I'm the same way I don't like changing anything. Get the bow set up, get everything set where it works the best for me, and leave it alone. I did make a couple of changes over the winter here, but that's the first changes I have made in a long time. I have been shooting the same basic set up since 2006, with the only change made being stabilizers this winter. I don't plan on changing anything else anytime soon. I like the comfort, and familiarity you get by shooting the same bow year in, and year out.
I joke all the time that I am 100% content to sit back, and watch technology pass me by, but it's only half joking though, because I really have no real intent on changing anything about my set up anytime soon. With the direction most bow makers are going I just don't see any new bow coming out that is going to fit the bill as to what I want in a bow design.

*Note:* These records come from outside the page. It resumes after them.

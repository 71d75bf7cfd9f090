-- ===== src/Protocol/Mouse.antt =====
-- A mouse report in the SGR encoding can be read back; one in the legacy encoding is of bytes.
use color_ssh.Base.{
  ℕ, zero, suc, ◌+◌, ◌-◌, ◌*◌, ◌<◌, Option, none, some, Bool, ◌&&◌, List, [], ◌∷◌, ◌≡◌, refl, arith,
  leb, if◌then◌else◌,
}
use color_ssh.Protocol.{legacy, encode_mouse_event_bytes, clamp, saturating_add}

-- The number that a run of digits stands for, and what follows the run.
unfoldable pub read_digits : ℕ → List ℕ → ℕ × List ℕ
read_digits n [] = (n, [])
read_digits n (d ∷ rest) =
    if leb 48 d && leb d 57 then read_digits (n * 10 + (d - 48)) rest else (n, d ∷ rest)

row_of : ℕ → ℕ → ℕ × List ℕ → Option (ℕ × ℕ × ℕ × ℕ)
row_of button col (row, []) = none
row_of button col (row, suffix ∷ _) = some (button, col, row, suffix)

col_of : ℕ → ℕ × List ℕ → Option (ℕ × ℕ × ℕ × ℕ)
unfolding row_of read_digits
col_of button (col, []) = none
col_of button (col, _ ∷ rest) = row_of button col (read_digits 0 rest)

button_of : ℕ × List ℕ → Option (ℕ × ℕ × ℕ × ℕ)
unfolding col_of read_digits
button_of (button, []) = none
button_of (button, _ ∷ rest) = col_of button (read_digits 0 rest)

-- Three numbers, each with one byte behind it, and the last of these bytes.
unfoldable pub read_report : List ℕ → Option (ℕ × ℕ × ℕ × ℕ)
unfolding button_of read_digits
read_report bytes = button_of (read_digits 0 bytes)

-- What `suc fuel` digits can hold.
unfoldable pub limit : ℕ → ℕ
limit zero = 10
limit (suc fuel) = 10 * limit fuel

-- A report in the legacy encoding carries the position, brought into the range from 1 to 223, each
-- coordinate in one byte at 32 above it.
pub legacy_position :
    (button col row : ℕ) (is_release : Bool)
    → button < 256
    → (cb cx cy : ℕ) × (encode_mouse_event_bytes legacy button col row is_release
        ≡ 27 ∷ b'[' ∷ b'M' ∷ cb ∷ cx ∷ cy ∷ [])
      × (cb < 256)
      × (cx < 256)
      × (cy < 256)
      × (cx ≡ clamp col 1 223 + 32)
      × (cy ≡ clamp row 1 223 + 32)
unfolding encode_mouse_event_bytes
legacy_position button col row is_release b = (
  if is_release then 35 else saturating_add button 32,
  saturating_add (clamp col 1 223) 32,
  saturating_add (clamp row 1 223) 32,
  refl,
  ground arith,
  omega arith,
  omega arith,
  omega arith,
  omega arith,
)
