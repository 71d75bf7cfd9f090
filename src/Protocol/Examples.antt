-- ===== src/Protocol/Examples.antt =====
-- Events and keys in the bytes of the terminal protocol.
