-- ===== src/Protocol/Keys.antt =====
-- What modifiers do to the bytes of a key.
use mathlib.Core.Option
use color_ssh.Base.{◌≡◌, refl, arith}
use color_ssh.Protocol.{
  KeyCode, char, enter, backspace, tab, esc, up, down, right, left, home, end, page_up, page_down,
  delete, insert, other, KeyModifiers, plain, only_alt, modifier_parameter, prefix_with_escape,
  encode_key_event_bytes,
}

-- Every key with Alt alone sends an escape and then what the key alone sends, and a key that sends
-- nothing alone sends nothing with Alt.
pub encode_alt :
    (code : KeyCode)
    → encode_key_event_bytes code only_alt
      ≡ Option.map prefix_with_escape (encode_key_event_bytes code plain)
unfolding encode_key_event_bytes
encode_alt (char c) = refl
encode_alt enter = refl
encode_alt backspace = refl
encode_alt tab = refl
encode_alt esc = refl
encode_alt up = refl
encode_alt down = refl
encode_alt right = refl
encode_alt left = refl
encode_alt home = refl
encode_alt end = refl
encode_alt page_up = refl
encode_alt page_down = refl
encode_alt delete = refl
encode_alt insert = refl
encode_alt other = refl

-- The parameter of two sets of modifiers is the same only if they are.
pub modifier_parameter_injective :
    (m n : KeyModifiers) → modifier_parameter m ≡ modifier_parameter n → m ≡ n
unfolding modifier_parameter
modifier_parameter_injective m n h = ground arith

So no new bows for me in the immediate future, the rest of my set up is all tried, and true accessories that have been staples in the target world for many a years, and I don't ever see that changing (at least not in the next decade or so)


----------



## Nomad_Archer (Aug 27, 2008)

BOWGOD said:


> I'm the same way I don't like changing anything.

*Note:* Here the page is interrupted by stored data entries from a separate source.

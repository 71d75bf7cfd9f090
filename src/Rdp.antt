-- ===== src/Rdp.antt =====
-- src/process/rdp_builder.rs: the command of an RDP client, from a host of the inventory.
pub mod Arguments
pub mod Launch
pub mod Payload
pub mod Laws
pub mod Examples
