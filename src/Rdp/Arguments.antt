-- ===== src/Rdp/Arguments.antt =====
-- The arguments of the client, and the payload that hands them over on its standard input
-- (src/process/rdp_builder.rs). An error is its message.
use color_ssh.Base.{
  ℕ, ◌==◌, Text, codes, text_eq, trim, is_empty, contains, digits, decimal, Result, ok, err, Option,
  none, some, Bool, true, false, not, ◌&&◌, ◌||◌, List, [], ◌∷◌, ◌++◌, if◌then◌else◌, any, guard,
  ◌>>=◌, ◌>>◌,
}
use color_ssh.Inventory.Model.{InventoryHost}

abbrev pub Checked : Type 0 → Type 0
Checked A = Result Text A

abbrev pub breaks_line : ℕ → Bool
breaks_line c = c == 0 || (c == 10 || c == 13)

unfoldable pub validate_rdp_value : Text → Text → Checked (Unit {0})
validate_rdp_value label value =
    guard (not (any breaks_line value)) (
      codes "RDP "
      ++ label
      ++ codes " cannot contain carriage returns, newlines, or NUL characters")

unfoldable pub validate_rdp_password_for_startup : Text → Checked (Unit {0})
unfolding validate_rdp_value
validate_rdp_password_for_startup password = validate_rdp_value (codes "password") password

unfoldable pub validated_rdp_extra_args : List Text → Checked (List Text)
unfolding validate_rdp_value trim
validated_rdp_extra_args [] = ok []
validated_rdp_extra_args (arg ∷ args) =
    guard (not (is_empty (trim arg))) (codes "RDP extra arguments cannot be empty")
    >> validate_rdp_value (codes "extra argument") arg
    >> validated_rdp_extra_args args
    >>= λ others. ok (arg ∷ others)

abbrev pub starts_with : Text → Text → Bool
starts_with [] s = true
starts_with (p ∷ ps) [] = false
starts_with (p ∷ ps) (c ∷ s) = p == c && starts_with ps s

abbrev pub with_port : Text → Text → Text
with_port destination port =
    if contains b':' destination && not (starts_with (codes "[") destination)
    then codes "[" ++ destination ++ codes "]:" ++ port
    else destination ++ codes ":" ++ port

unfoldable pub address_of : Text → Option ℕ → Text
unfolding digits
address_of destination none = destination
address_of destination (some port) = with_port destination (decimal port)

unfoldable pub rdp_server_address : InventoryHost → Checked Text
unfolding trim validate_rdp_value address_of
rdp_server_address host =
    let destination = trim host.host in
    guard (not (is_empty destination))
      (codes "RDP host destination is required; set `host` in the inventory or pass a target")
    >> validate_rdp_value (codes "host") destination
    >> ok (address_of destination host.port)

abbrev pub has_rdp_cert_flag : List Text → Bool
has_rdp_cert_flag args =
    any (λ arg. starts_with (codes "/cert:") arg || text_eq arg (codes "/cert")) args

abbrev pub filled : Text → Option Text
filled text = if is_empty text then none else some text

-- A value without its blanks, where something is left.
unfoldable pub stated : Option Text → Option Text
unfolding trim
stated none = none
stated (some value) = filled (trim value)

unfoldable pub domain_args : Option Text → Checked (List Text)
unfolding validate_rdp_value
domain_args none = ok []
domain_args (some domain) =
    validate_rdp_value (codes "domain") domain >> ok ((codes "/d:" ++ domain) ∷ [])

abbrev pub prompt_args : Bool → List Text
prompt_args true = codes "+force-console-callbacks" ∷ codes "/from-stdin:force" ∷ []
prompt_args false = []

abbrev pub cert_args : List Text → List Text
cert_args extra_args = if has_rdp_cert_flag extra_args then [] else codes "/cert:tofu" ∷ []

abbrev pub no_user : Text
no_user = codes "RDP username is required; set `user` in the inventory or pass `--user`"

unfoldable pub args_of_user : InventoryHost → Bool → Text → Checked (List Text)
unfolding validate_rdp_value rdp_server_address validated_rdp_extra_args domain_args stated
args_of_user host force_native_prompt user =
    validate_rdp_value (codes "username") user >> rdp_server_address host >>= λ server.
    validated_rdp_extra_args host.rdp.args >>= λ extra_args.
    domain_args (stated host.rdp.domain) >>= λ domain. ok (
      (codes "/u:" ++ user) ∷ domain
      ++ (codes "/v:" ++ server) ∷ prompt_args force_native_prompt
      ++ cert_args extra_args
      ++ extra_args)

unfoldable pub build_rdp_args : InventoryHost → Bool → Checked (List Text)
unfolding args_of_user stated
build_rdp_args host force_native_prompt = elim (stated host.user) [
  | none ↦ err no_user
  | some user ↦ args_of_user host force_native_prompt user
]

abbrev pub push_rdp_stdin_arg : Text → Text → Text
push_rdp_stdin_arg payload arg = if is_empty payload then arg else payload ++ 10 ∷ arg

unfoldable pub push_all : Text → List Text → Text
push_all payload [] = payload
push_all payload (arg ∷ args) = push_all (push_rdp_stdin_arg payload arg) args

unfoldable pub build_rdp_stdin_payload : InventoryHost → Text → Checked Text
unfolding validate_rdp_password_for_startup build_rdp_args push_all
build_rdp_stdin_payload host password =
    validate_rdp_password_for_startup password >> build_rdp_args host false >>= λ args.
    ok (push_rdp_stdin_arg (push_all [] args) (codes "/p:") ++ password)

I have to agree I dont like fixing what isnt broken. Once I get a bow set up I dont mess with it unless I manage to break something. Sometimes it will take me awhile to find what I really like but after that I dont mess with it. The only thing I mess with is occasionally I shoot a back tension release because it keeps me honest with my thumb trigger.


I did pick up a new hunting bow since I was new to the archery world 3 years ago I didnt know what I wanted. I picked up a bow based on what I thought I wanted. Now that I know what I want in a bow and have found it I am got what I wanted and will not be looking for a new bow for while.


----------